My favourite entry on The Blank Screen

Well, it’s my favourite today. As we approach the 1,000th article on The Blank Screen – and as we have exceeded 250,000 words – I’ve been compiling a book. You’ve nominated articles, I’ve studied the statistics and I’ve just re-read everything. It’s been rather fun but sometimes you read something now in a very different way to how you saw it at the time.

That’s happened with one particular piece and right now this is one reason I’m calling it my favourite.

Originally, I wrote this short piece about how writer Dar Williams basically disagrees with everything I say:

I’ve said this before: I wouldn’t kill to write like songwriter Dar Williams, but I’d maim. She has a fine and long body of work, a now substantial discography but interestingly, she’s against being disciplined and productive.

Dar Williams: I don’t force lines, and I don’t force myself to write every day, and somehow out of that came seven albums that don’t, to me, feel forced. And that’s the only thing I’ll boast about is that there’s nothing about it that to me sounds like I said, “I have to write for 2 hours a day,” with lines where there were no inspiration.

Dar Williams on Productivity and Creativity – William Gallagher, The Blank Screen (15 July 2014)

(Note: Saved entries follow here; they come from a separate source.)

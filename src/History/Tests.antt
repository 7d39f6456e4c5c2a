-- ===== src/History/Tests.antt =====
-- Runs of the history ring.
use modelsrv.Prelude.{ℕ, ◌+◌, ◌≡◌, refl, ◌≤◌, List, [], ◌∷◌, pos, length}
use modelsrv.Event.{StoredEvent}
use modelsrv.History.{new_history_ring, add, make_room, snapshot, compaction_boundary}
use modelsrv.History.Retained.{add_all, recent, boundary, snapshot-add_all}

abbrev entry : ℕ → StoredEvent ℕ
entry n = record {
  sequence_id = n;
  timestamp = 10 + n;
  resource_type = "Node";
  operation = "Create";
  resource_id = 7;
  objects = n ∷ [];
}

abbrev five : List (StoredEvent ℕ)
five = entry 1 ∷ entry 2 ∷ entry 3 ∷ entry 4 ∷ entry 5 ∷ []

-- Two of the five are gone, and the boundary is the second.
five_added :
    let r = add_all (new_history_ring (pos 3)) five in
    (snapshot r ≡ entry 3 ∷ entry 4 ∷ entry 5 ∷ []) × (compaction_boundary r ≡ (2, 12))
unfolding add_all new_history_ring add make_room snapshot compaction_boundary
five_added = (refl, refl)

snapshot-add_all_example :
    let r = add_all (new_history_ring (pos 3)) five in
    (snapshot r ≡ recent 3 five)
    × (compaction_boundary r ≡ boundary 3 five)
    × (length (snapshot r) ≤ 3)
snapshot-add_all_example = snapshot-add_all (pos 3) five
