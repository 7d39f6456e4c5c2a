-- ===== src/Ingress.antt =====
-- pkg/ingress: documents of resources, decoded from YAML, JSON and CSV and applied to the model.
pub mod Values
pub mod Lists
pub mod Resources
pub mod Making
pub mod Landscape
pub mod Access
pub mod Catalog
pub mod Capacity
pub mod Documents
pub mod PrimaryId
pub mod Adds
pub mod Applied
pub mod Decode
pub mod SpecPath
pub mod Csv
pub mod Format
pub mod Ready
pub mod Parsed
pub mod Paths
mod Tests
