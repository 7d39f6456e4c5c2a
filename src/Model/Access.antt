-- ===== src/Model/Access.antt =====
-- pkg/model/structure.go and structure_capacity.go: the methods for the organizational units,
-- groups, identities, permissions, roles and bindings. Where the source writes a generic
-- helper's body out again, the method calls the helper here.
use modelsrv.Prelude.{Option, List}
use modelsrv.Event.{Uuid}
use modelsrv.Event.Kind.{
  org_unit_resource, group_resource, identity_resource, permission_spec_resource,
  role_spec_resource, permission_resource, role_resource, binding_resource,
}
use modelsrv.Model.Stores.{
  org_units_by_uuid, groups_by_uuid, identities_by_uuid, permission_specs_by_uuid,
  role_specs_by_uuid, permissions_by_uuid, roles_by_uuid, bindings_by_uuid,
}
use modelsrv.Model.State.{
  ModelData, Objects, Result, not_found, add_event_enabled, delete_event_enabled, get_event_enabled,
  get_all_event_enabled,
}

module _ {O : Type 0} where
  -- `AddOrgUnit`
  unfoldable pub add_org_unit : Objects O → ModelData O → O → Result (ModelData O)
  add_org_unit ob m obj = add_event_enabled ob m obj org_units_by_uuid org_unit_resource

  -- `DeleteOrgUnit`
  unfoldable pub delete_org_unit : ModelData O → Uuid → Result (ModelData O)
  delete_org_unit m id =
      delete_event_enabled m id org_units_by_uuid org_unit_resource (not_found org_units_by_uuid)

  -- `GetOrgUnitById`
  unfoldable pub get_org_unit_by_id : ModelData O → Uuid → Option O
  get_org_unit_by_id m id = get_event_enabled m id org_units_by_uuid

  -- `GetOrgUnits`
  unfoldable pub get_org_units : ModelData O → List O
  get_org_units m = get_all_event_enabled m org_units_by_uuid

  -- `AddGroup`
  unfoldable pub add_group : Objects O → ModelData O → O → Result (ModelData O)
  add_group ob m obj = add_event_enabled ob m obj groups_by_uuid group_resource

  -- `DeleteGroup`
  unfoldable pub delete_group : ModelData O → Uuid → Result (ModelData O)
  delete_group m id =
      delete_event_enabled m id groups_by_uuid group_resource (not_found groups_by_uuid)

  -- `GetGroupById`
  unfoldable pub get_group_by_id : ModelData O → Uuid → Option O
  get_group_by_id m id = get_event_enabled m id groups_by_uuid

  -- `GetGroups`
  unfoldable pub get_groups : ModelData O → List O
  get_groups m = get_all_event_enabled m groups_by_uuid

  -- `AddIdentity`
  unfoldable pub add_identity : Objects O → ModelData O → O → Result (ModelData O)
  add_identity ob m obj = add_event_enabled ob m obj identities_by_uuid identity_resource

  -- `DeleteIdentity`
  unfoldable pub delete_identity : ModelData O → Uuid → Result (ModelData O)
  delete_identity m id =
      delete_event_enabled m id identities_by_uuid identity_resource (not_found identities_by_uuid)

  -- `GetIdentities`
  unfoldable pub get_identities : ModelData O → List O
  get_identities m = get_all_event_enabled m identities_by_uuid

  -- `GetIdentityById`
  unfoldable pub get_identity_by_id : ModelData O → Uuid → Option O
  get_identity_by_id m id = get_event_enabled m id identities_by_uuid

  -- `AddPermissionSpec`
  unfoldable pub add_permission_spec : Objects O → ModelData O → O → Result (ModelData O)
  add_permission_spec ob m obj =
      add_event_enabled ob m obj permission_specs_by_uuid permission_spec_resource

  -- `DeletePermissionSpec`
  unfoldable pub delete_permission_spec : ModelData O → Uuid → Result (ModelData O)
  delete_permission_spec m id =
      delete_event_enabled m id permission_specs_by_uuid permission_spec_resource
        (not_found permission_specs_by_uuid)

  -- `GetPermissionSpecs`
  unfoldable pub get_permission_specs : ModelData O → List O
  get_permission_specs m = get_all_event_enabled m permission_specs_by_uuid

  -- `GetPermissionSpecById`
  unfoldable pub get_permission_spec_by_id : ModelData O → Uuid → Option O
  get_permission_spec_by_id m id = get_event_enabled m id permission_specs_by_uuid

  -- `AddRoleSpec`
  unfoldable pub add_role_spec : Objects O → ModelData O → O → Result (ModelData O)
  add_role_spec ob m obj = add_event_enabled ob m obj role_specs_by_uuid role_spec_resource

  -- `DeleteRoleSpec`
  unfoldable pub delete_role_spec : ModelData O → Uuid → Result (ModelData O)
  delete_role_spec m id =
      delete_event_enabled m id role_specs_by_uuid role_spec_resource (not_found role_specs_by_uuid)

  -- `GetRoleSpecs`
  unfoldable pub get_role_specs : ModelData O → List O
  get_role_specs m = get_all_event_enabled m role_specs_by_uuid

  -- `GetRoleSpecById`
  unfoldable pub get_role_spec_by_id : ModelData O → Uuid → Option O
  get_role_spec_by_id m id = get_event_enabled m id role_specs_by_uuid

  -- `AddPermission`
  unfoldable pub add_permission : Objects O → ModelData O → O → Result (ModelData O)
  add_permission ob m obj = add_event_enabled ob m obj permissions_by_uuid permission_resource

  -- `DeletePermission`
  unfoldable pub delete_permission : ModelData O → Uuid → Result (ModelData O)
  delete_permission m id =
      delete_event_enabled m id permissions_by_uuid permission_resource
        (not_found permissions_by_uuid)

  -- `GetPermissions`
  unfoldable pub get_permissions : ModelData O → List O
  get_permissions m = get_all_event_enabled m permissions_by_uuid

  -- `GetPermissionById`
  unfoldable pub get_permission_by_id : ModelData O → Uuid → Option O
  get_permission_by_id m id = get_event_enabled m id permissions_by_uuid

  -- `AddRole`
  unfoldable pub add_role : Objects O → ModelData O → O → Result (ModelData O)
  add_role ob m obj = add_event_enabled ob m obj roles_by_uuid role_resource

  -- `DeleteRole`
  unfoldable pub delete_role : ModelData O → Uuid → Result (ModelData O)
  delete_role m id = delete_event_enabled m id roles_by_uuid role_resource (not_found roles_by_uuid)

  -- `GetRoles`
  unfoldable pub get_roles : ModelData O → List O
  get_roles m = get_all_event_enabled m roles_by_uuid

  -- `GetRoleById`
  unfoldable pub get_role_by_id : ModelData O → Uuid → Option O
  get_role_by_id m id = get_event_enabled m id roles_by_uuid

  -- `AddBinding`
  unfoldable pub add_binding : Objects O → ModelData O → O → Result (ModelData O)
  add_binding ob m obj = add_event_enabled ob m obj bindings_by_uuid binding_resource

  -- `DeleteBinding`
  unfoldable pub delete_binding : ModelData O → Uuid → Result (ModelData O)
  delete_binding m id =
      delete_event_enabled m id bindings_by_uuid binding_resource (not_found bindings_by_uuid)

  -- `GetBindings`
  unfoldable pub get_bindings : ModelData O → List O
  get_bindings m = get_all_event_enabled m bindings_by_uuid

  -- `GetBindingById`
  unfoldable pub get_binding_by_id : ModelData O → Uuid → Option O
  get_binding_by_id m id = get_event_enabled m id bindings_by_uuid
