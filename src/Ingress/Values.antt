-- ===== src/Ingress/Values.antt =====
-- pkg/ingress/apply.go and apply_resources.go: decoded documents, and the readers of their fields.
use modelsrv.Prelude.{
  ℕ, String, Bool, Option, none, some, List, [], ◌∷◌, ◌==◌, string_eq, nat_eq, if◌then◌else◌,
}
use modelsrv.Prelude.Dict.{Dict, insert}
use modelsrv.Event.{Uuid, nil}
use modelsrv.Event.Kind.{resource_type_eq}
use modelsrv.Model.State.{ModelError}
use modelsrv.Authz.Lists.{trim_left, trim_right}

-- A time is a number that is never computed with.
abbrev pub Time : Type 0
Time = ℕ

-- What YAML, JSON and CSV decode to; `other` stands for numbers, by a number of its own.
mutual
  pub data Value : Type 0 where
    null : Value
    text : String → Value
    flag : Bool → Value
    other : ℕ → Value
    moment : Time → Value
    array : Items → Value
    object : Fields → Value

  pub data Items : Type 0 where
    end : Items
    item : Value → Items → Items

  pub data Fields : Type 0 where
    empty : Fields
    field : String → Value → Fields → Fields

pub data IngressError : Type 0 where
  missing not_uuid nil_uuid not_text not_map not_array not_flag not_time : String → IngressError
  no_name unsupported_version no_spec no_kind unsupported_kind : IngressError
  no_documents undecodable unsupported_format no_kind_column empty_path : IngressError
  none_of : List String → IngressError
  collides : String → IngressError
  unknown_resource_kind bad_api_type bad_category bad_amount : String → IngressError
  both_subjects no_subject : IngressError
  inside : String → ℕ → IngressError → IngressError
  refused : ModelError → IngressError

pub data Outcome (A : Type 0) : Type 0 where
  done : A → Outcome A
  failed : IngressError → Outcome A

infixl 5 ◌>>=◌
abbrev pub ◌>>=◌ : {A B : Type 0} → Outcome A → (A → Outcome B) → Outcome B
done a >>= f = f a
failed e >>= f = failed e

-- An error inside a list names the list and the index.
abbrev pub within : {A : Type 0} → String → ℕ → Outcome A → Outcome A
within key i (done a) = done a
within key i (failed e) = failed (inside key i e)

-- What the readers call of the standard library and of google/uuid: `uuid.Parse`, `time.Parse`,
-- `fmt.Sprint`, and whether `big.Rat.SetString` gives a number that is not negative.
pub record Parsers : Type 0 where
  pub parse_uuid : String → Option Uuid
  pub parse_time : String → Option Time
  pub sprint : Value → String
  pub is_amount : String → Bool

-- `strings.TrimSpace`
unfoldable pub trim_space : String → String
unfolding trim_left trim_right
trim_space s = trim_right (trim_left s)

-- `spec[key]`
unfoldable pub get_field : String → Fields → Option Value
get_field key empty = none
get_field key (field k v rest) = if k == key then some v else get_field key rest

-- `spec[key]`, of which a missing key and nil are the same to most readers.
unfoldable pub present : String → Fields → Option Value
unfolding get_field
present key spec = given (get_field key spec)
  where
    given : Option Value → Option Value
    given none = none
    given (some null) = none
    given (some v) = some v

module _ (p : Parsers) where
  abbrev shown : Option Value → Option String
  shown none = none
  shown (some (text s)) = some s
  shown (some v) = some (p.sprint v)

  -- `stringField`
  unfoldable pub string_field : Fields → String → Option String
  string_field spec key = shown (present key spec)

  -- A field that is given and is not blank, trimmed.
  abbrev pub not_blank : Option String → Option String
  not_blank none = none
  not_blank (some s) = if trim_space s == "" then none else some (trim_space s)

  abbrev pub or_else : Option String → Outcome String → Outcome String
  or_else (some s) rest = done s
  or_else none rest = rest

  -- `displayName`
  unfoldable pub display_name : Fields → Outcome String
  display_name spec =
      or_else (not_blank (string_field spec "displayName"))
        (or_else (not_blank (string_field spec "name")) (failed no_name))

  -- `findingTitle`
  unfoldable pub finding_title : Fields → Outcome String
  finding_title spec =
      or_else (not_blank (string_field spec "displayName"))
        (or_else (not_blank (string_field spec "summary")) (display_name spec))

  -- A text that has to be the UUID of something.
  abbrev pub some_uuid : String → Option Uuid → Outcome Uuid
  some_uuid key none = failed (not_uuid key)
  some_uuid key (some id) = if id == nil then failed (nil_uuid key) else done id

  abbrev uuid_in : String → Option String → Outcome Uuid
  uuid_in key none = failed (missing key)
  uuid_in key (some s) = some_uuid key (p.parse_uuid s)

  -- `parseUUIDField`
  unfoldable pub parse_uuid_field : Fields → String → Outcome Uuid
  parse_uuid_field spec key = uuid_in key (not_blank (string_field spec key))

  abbrev first_done : Outcome Uuid → Outcome Uuid → Outcome Uuid
  first_done (done id) rest = done id
  first_done (failed e) rest = rest

  -- `firstUUIDField`
  unfoldable pub first_uuid_field : Fields → List String → Outcome Uuid
  first_uuid_field spec keys = from keys
    where
      from : List String → Outcome Uuid
      from [] = failed (none_of keys)
      from (k ∷ ks) = first_done (parse_uuid_field spec k) (from ks)

  abbrev reference_in : String → Option Value → Outcome (Option Uuid)
  reference_in key none = done none
  reference_in key (some (text s)) =
      if trim_space s == ""
      then done none
      else some_uuid key (p.parse_uuid (trim_space s)) >>= λ id. done (some id)
  reference_in key (some v) = failed (not_text key)

  -- `optionalUUIDRef`
  unfoldable pub optional_uuid_ref : Fields → String → Outcome (Option Uuid)
  optional_uuid_ref spec key = reference_in key (present key spec)

  abbrev found_or : Option Uuid → Outcome (Option Uuid) → Outcome (Option Uuid)
  found_or none rest = rest
  found_or (some id) rest = done (some id)

  -- `optionalFirstUUIDRef`
  unfoldable pub optional_first_uuid_ref : Fields → List String → Outcome (Option Uuid)
  optional_first_uuid_ref spec [] = done none
  optional_first_uuid_ref spec (k ∷ ks) =
      let rest = optional_first_uuid_ref spec ks in
      optional_uuid_ref spec k >>= λ found. found_or found rest

  abbrev annotation : Value → Option String
  annotation null = none
  annotation (text s) = some s
  annotation v = some (p.sprint v)

  -- The loop of `applyAnnotations`: `Add` puts the value under the key.
  unfoldable pub annotations_from : Fields → Dict String String → Dict String String
  annotations_from empty records = records
  annotations_from (field k v rest) records = annotations_from rest (put k (annotation v) records)
    where
      put : String → Option String → Dict String String → Dict String String
      put k none records = records
      put k (some s) records = insert k s records

  abbrev annotations_in : Option Value → Outcome (Dict String String)
  annotations_in none = done []
  annotations_in (some (object fields)) = done (annotations_from fields [])
  annotations_in (some v) = failed (not_map "annotations")

  -- `applyAnnotations`, on a new resource
  unfoldable pub apply_annotations : Fields → Outcome (Dict String String)
  apply_annotations spec = annotations_in (present "annotations" spec)
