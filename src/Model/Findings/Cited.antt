-- ===== src/Model/Findings/Cited.antt =====
-- pkg/model/structure.go: the identifiers of the resources that a finding cites.
use modelsrv.Prelude.{
  ◌≡◌, refl, Bool, false, Option, none, some, List, [], ◌∷◌, ◌==◌, nat_eq, ◌||◌, not, ◌&&◌,
  if◌then◌else◌, arith,
}
use modelsrv.Event.{Uuid, nil}

unfoldable pub contains_id : Uuid → List Uuid → Bool
contains_id id [] = false
contains_id id (x ∷ xs) = x == id || contains_id id xs

-- The loop of `findingCitedResourceIDs`, with the identifiers that it has seen.
unfoldable pub cited_from : List Uuid → List (Option Uuid) → List Uuid
cited_from seen [] = []
cited_from seen (none ∷ refs) = cited_from seen refs
cited_from seen (some id ∷ refs) =
    let skipped = cited_from seen refs in
    let taken = id ∷ cited_from (id ∷ seen) refs in
    if id == nil then skipped else if contains_id id seen then skipped else taken

-- `findingCitedResourceIDs`
unfoldable pub finding_cited_resource_ids : List (Option Uuid) → List Uuid
finding_cited_resource_ids refs = cited_from [] refs

-- Whether a reference names the resource.
abbrev pub names : Uuid → List (Option Uuid) → Bool
names rid [] = false
names rid (none ∷ refs) = names rid refs
names rid (some id ∷ refs) = id == rid || names rid refs

contains_id-cited_from :
    (rid : Uuid) (seen : List Uuid) (refs : List (Option Uuid))
    → contains_id rid (cited_from seen refs)
      ≡ (names rid refs && not (rid == nil) && not (contains_id rid seen))
unfolding contains_id cited_from
contains_id-cited_from rid seen [] = refl
contains_id-cited_from rid seen (none ∷ refs) = contains_id-cited_from rid seen refs
contains_id-cited_from rid seen (some id ∷ refs) = ground (
  arith,
  contains_id-cited_from rid seen refs,
  contains_id-cited_from rid (id ∷ seen) refs,
  nat_eq.equals_iff id rid,
)

-- The cited resources are those that a reference names, but for the nil identifier.
pub contains_id-finding_cited_resource_ids :
    (rid : Uuid) (refs : List (Option Uuid))
    → contains_id rid (finding_cited_resource_ids refs) ≡ (names rid refs && not (rid == nil))
unfolding finding_cited_resource_ids contains_id
contains_id-finding_cited_resource_ids rid refs = ground (arith, contains_id-cited_from rid [] refs)
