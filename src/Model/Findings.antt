-- ===== src/Model/Findings.antt =====
-- pkg/model/structure.go: findings, and the index from a cited resource to the findings that cite it.
pub mod Cited
pub mod Index
pub mod Referencing
use modelsrv.Prelude.{
  Bool, true, false, Option, none, some, List, [], ◌∷◌, ◌==◌, nat_eq, string_eq, if◌then◌else◌,
}
use modelsrv.Prelude.Dict.{Dict, lookup, insert, delete}
use modelsrv.Event.{Uuid, nil}
use modelsrv.Event.Kind.{finding_resource}
use modelsrv.Event.Wire.{Operation, delete_operation, value_or}
use modelsrv.Model.Stores.{findings_by_uuid, finding_types_by_uuid}
use modelsrv.Model.State.{
  ModelData, Objects, IdSet, Result, ok, err, uuid_not_set, not_found, put_store, receive,
  add_operation,
}
use Cited.{finding_cited_resource_ids}

-- `indexFindingLocked`, from the cited resources on.
index_cited : Uuid → List Uuid → Dict Uuid IdSet → Dict Uuid IdSet
index_cited fid [] index = index
index_cited fid (rid ∷ rids) index =
    index_cited fid rids (insert rid (insert fid tt (value_or (lookup rid index) [])) index)

-- The index with one set replaced; an empty set goes.
put_set : Uuid → IdSet → Dict Uuid IdSet → Dict Uuid IdSet
put_set rid [] index = delete rid index
put_set rid (entry ∷ rest) index = insert rid (entry ∷ rest) index

-- The finding leaves the set of one resource, if there is such a set.
drop_from : Uuid → Uuid → Option IdSet → Dict Uuid IdSet → Dict Uuid IdSet
unfolding put_set
drop_from fid rid none index = index
drop_from fid rid (some set) index = put_set rid (delete fid set) index

-- `unindexFindingLocked`, likewise.
unindex_cited : Uuid → List Uuid → Dict Uuid IdSet → Dict Uuid IdSet
unfolding drop_from
unindex_cited fid [] index = index
unindex_cited fid (rid ∷ rids) index =
    unindex_cited fid rids (drop_from fid rid (lookup rid index) index)

module _ {O : Type 0} (ob : Objects O) where
  -- `indexFindingLocked`
  unfoldable pub index_finding_locked : O → Dict Uuid IdSet → Dict Uuid IdSet
  unfolding index_cited
  index_finding_locked f index =
      index_cited (ob.get_id findings_by_uuid f) (finding_cited_resource_ids (ob.get_resources f))
        index

  -- `unindexFindingLocked`
  unfoldable pub unindex_finding_locked : O → Dict Uuid IdSet → Dict Uuid IdSet
  unfolding unindex_cited
  unindex_finding_locked f index =
      unindex_cited (ob.get_id findings_by_uuid f) (finding_cited_resource_ids (ob.get_resources f))
        index

  -- The index without the finding that is replaced or deleted, if there is one.
  abbrev pub unindex_old : Option O → Dict Uuid IdSet → Dict Uuid IdSet
  unindex_old none index = index
  unindex_old (some old) index = unindex_finding_locked old index

  -- `AddFinding`
  unfoldable pub add_finding : ModelData O → O → Result (ModelData O)
  add_finding m f =
      let id : Uuid = ob.get_id findings_by_uuid f in
      let old : Option O = lookup id (m.stores findings_by_uuid) in
      let stored : ModelData O =
        put_store m findings_by_uuid (insert id f (m.stores findings_by_uuid)) in
      let indexed : ModelData O = record stored {
        findings_by_resource_id =
            index_finding_locked f (unindex_old old m.findings_by_resource_id);
      } in
      if id == nil
      then err uuid_not_set
      else ok (receive indexed finding_resource (add_operation old) id (f ∷ []))

  -- `DeleteFindingById`
  unfoldable pub delete_finding_by_id : ModelData O → Uuid → Result (ModelData O)
  delete_finding_by_id m id = elim (lookup id (m.stores findings_by_uuid)) [
    | none ↦ err (not_found findings_by_uuid)
    | some old ↦
        let stored : ModelData O =
          put_store m findings_by_uuid (delete id (m.stores findings_by_uuid)) in
        let indexed : ModelData O = record stored {
          findings_by_resource_id = unindex_finding_locked old m.findings_by_resource_id;
        } in
        ok (receive indexed finding_resource delete_operation id [])
  ]

-- The findings of a set; an identifier without a finding is passed over.
unfoldable pub findings_of : {O : Type 0} → IdSet → Dict Uuid O → List O
findings_of [] findings = []
findings_of ((fid, _) ∷ set) findings = elim (lookup fid findings) [
  | none ↦ findings_of set findings
  | some f ↦ f ∷ findings_of set findings
]

module _ {O : Type 0} where
  -- `GetFindingsReferencingResource`
  unfoldable pub get_findings_referencing_resource : ModelData O → Uuid → List O
  get_findings_referencing_resource m rid =
      if rid == nil
      then []
      else findings_of (value_or (lookup rid m.findings_by_resource_id) [])
          (m.stores findings_by_uuid)
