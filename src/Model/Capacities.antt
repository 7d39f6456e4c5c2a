-- ===== src/Model/Capacities.antt =====
-- pkg/model/structure_capacity.go and pkg/model/capacity/category.go: capacities, of which there is
-- one for each context, capacity resource type and category.
pub mod Tuples
pub mod Adding
use modelsrv.Prelude.{
  ◌≡◌, ◌↔◌, arith, String, Bool, true, false, not, ◌&&◌, ◌||◌, Option, none, some, List, [], ◌∷◌,
  Comparable, ◌==◌, nat_eq, string_eq, pair_beq, pair_beq_iff, if◌then◌else◌,
}
use modelsrv.Prelude.Dict.{Dict, lookup, insert, delete}
use modelsrv.Event.{Uuid, nil}
use modelsrv.Event.Kind.{capacity_resource}
use modelsrv.Event.Wire.{Operation, delete_operation, create_operation, update_operation}
use modelsrv.Model.Stores.{
  Store, store_eq, capacities_by_uuid, capacity_resource_types_by_uuid, contexts_by_uuid,
}
use modelsrv.Model.State.{
  ModelData, Objects, CapacityTupleKey, ModelError, Result, ok, err, uuid_not_set, invalid_category,
  invalid_amount, resource_type_ref_required, context_ref_required, capacity_tuple_conflict,
  not_found, put_store, receive, add_operation,
}
use modelsrv.Model.Catalog.{get_capacity_resource_type_by_id}
use modelsrv.Model.Landscape.{get_context_by_id}

abbrev pub capacity_tuple_key_beq : CapacityTupleKey → CapacityTupleKey → Bool
capacity_tuple_key_beq k l =
    k.context_id == l.context_id
    && (k.capacity_resource_type_id == l.capacity_resource_type_id && k.category == l.category)

pub capacity_tuple_key_beq_iff :
    (k l : CapacityTupleKey) → (capacity_tuple_key_beq k l ≡ true) ↔ (k ≡ l)
capacity_tuple_key_beq_iff k l = ground (
  arith,
  nat_eq.equals_iff k.context_id l.context_id,
  nat_eq.equals_iff k.capacity_resource_type_id l.capacity_resource_type_id,
  string_eq.equals_iff k.category l.category,
)

instance abbrev pub capacity_tuple_key_eq : Comparable CapacityTupleKey
capacity_tuple_key_eq = record {
  equals = capacity_tuple_key_beq;
  equals_iff = capacity_tuple_key_beq_iff;
}

-- `ParseCategory`: whether the text is a category.
unfoldable pub parse_category : String → Option String
parse_category s = if s == "requested" || (s == "provided" || s == "consumed") then some s else none

-- A check that a value is there.
abbrev pub missing : {A : Type 0} → Option A → Bool
missing none = true
missing (some a) = false

module _ {O : Type 0} (ob : Objects O) where
  -- `capacityTupleKeyFrom`
  unfoldable pub capacity_tuple_key_from : O → CapacityTupleKey
  capacity_tuple_key_from c = record {
    context_id = ob.get_context_id c;
    capacity_resource_type_id = ob.get_capacity_resource_type_id c;
    category = ob.get_category c;
  }

  -- `validateCapacity`: the first check that fails. The capacity is not nil.
  unfoldable pub validate_capacity : O → ModelData O → Option ModelError
  unfolding parse_category
  validate_capacity c m =
      if ob.get_id capacities_by_uuid c == nil
      then some uuid_not_set
      else if missing (parse_category (ob.get_category c))
      then some invalid_category
      else if not (ob.parses_amount (ob.get_amount c))
      then some invalid_amount
      else if ob.get_capacity_resource_type_id c == nil
      then some resource_type_ref_required
      else if missing (get_capacity_resource_type_by_id m (ob.get_capacity_resource_type_id c))
      then some (not_found capacity_resource_types_by_uuid)
      else if ob.get_context_id c == nil
      then some context_ref_required
      else if missing (get_context_by_id m (ob.get_context_id c))
      then some (not_found contexts_by_uuid)
      else none

  -- Whether another capacity has the tuple.
  abbrev pub taken : Uuid → Option Uuid → Bool
  taken id none = false
  taken id (some existing) = not (existing == id)

  -- The tuples without the previous one of an updated capacity, if it had another tuple: `none` is
  -- the conflict.
  vacate :
      Uuid
      → CapacityTupleKey
      → Option O
      → Dict CapacityTupleKey Uuid
      → Option (Dict CapacityTupleKey Uuid)
  unfolding capacity_tuple_key_from
  vacate id key none tuples = some tuples
  vacate id key (some prev) tuples =
      let prev_key : CapacityTupleKey = capacity_tuple_key_from prev in
      if prev_key == key
      then some tuples
      else if taken id (lookup key tuples)
      then none
      else some (delete prev_key tuples)

  -- The capacity stored, under its tuple, and its event sent.
  abbrev pub inserted : ModelData O → O → Dict CapacityTupleKey Uuid → ModelData O
  inserted m c tuples =
      let id : Uuid = ob.get_id capacities_by_uuid c in
      let stored : ModelData O =
        put_store m capacities_by_uuid (insert id c (m.stores capacities_by_uuid)) in
      let indexed : ModelData O = record stored {
        capacities_by_tuple = insert (capacity_tuple_key_from c) id tuples;
      } in
      receive indexed capacity_resource (add_operation (lookup id (m.stores capacities_by_uuid))) id
        (c ∷ [])

  -- The rest of `AddCapacity`, under the lock and after it.
  insert_capacity : ModelData O → O → Result (ModelData O)
  unfolding vacate
  insert_capacity m c =
      let id : Uuid = ob.get_id capacities_by_uuid c in
      let key : CapacityTupleKey = capacity_tuple_key_from c in
      if taken id (lookup key m.capacities_by_tuple)
      then err capacity_tuple_conflict
      else elim (vacate id key (lookup id (m.stores capacities_by_uuid)) m.capacities_by_tuple) [
        | none ↦ err capacity_tuple_conflict
        | some tuples ↦ ok (inserted m c tuples)
      ]

  -- `AddCapacity`
  unfoldable pub add_capacity : ModelData O → O → Result (ModelData O)
  unfolding insert_capacity
  add_capacity m c = elim (validate_capacity c m) [ some e ↦ err e | none ↦ insert_capacity m c ]

  -- `DeleteCapacityById`
  unfoldable pub delete_capacity_by_id : ModelData O → Uuid → Result (ModelData O)
  delete_capacity_by_id m id = elim (lookup id (m.stores capacities_by_uuid)) [
    | none ↦ err (not_found capacities_by_uuid)
    | some prev ↦
        let stored : ModelData O =
          put_store m capacities_by_uuid (delete id (m.stores capacities_by_uuid)) in
        let indexed : ModelData O = record stored {
          capacities_by_tuple = delete (capacity_tuple_key_from prev) m.capacities_by_tuple;
        } in
        ok (receive indexed capacity_resource delete_operation id [])
  ]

That did and that still does tickle me: a woman whose writing I admire and rate, an artist who has produced a considerable body of work, fundamentally disagrees with what I say about getting on with it.

Except now, just five weeks later, I re-read that and instead what has had me thinking all day is this other quote from her in the same piece:

Dar Williams: Well, when I was in college, I put a stick-it on my computer, which was huge, that said, “Whatever you do is enough.” I had totally lost my mind, and I was coming back from that. So I would say to myself, you know, you’re supposed to do a ten-page paper, if you do one page you’ll get a D+. If you do two pages, you’ll get a C-, or if you do three pages you’ll get a C-. So that’s all better than an F, so why don’t you do a page?

At times I don’t do anything because I don’t think I can finish it or because I don’t think I can do it well enough. But she’s right, isn’t she? Doing something, it’s always better than not doing anything.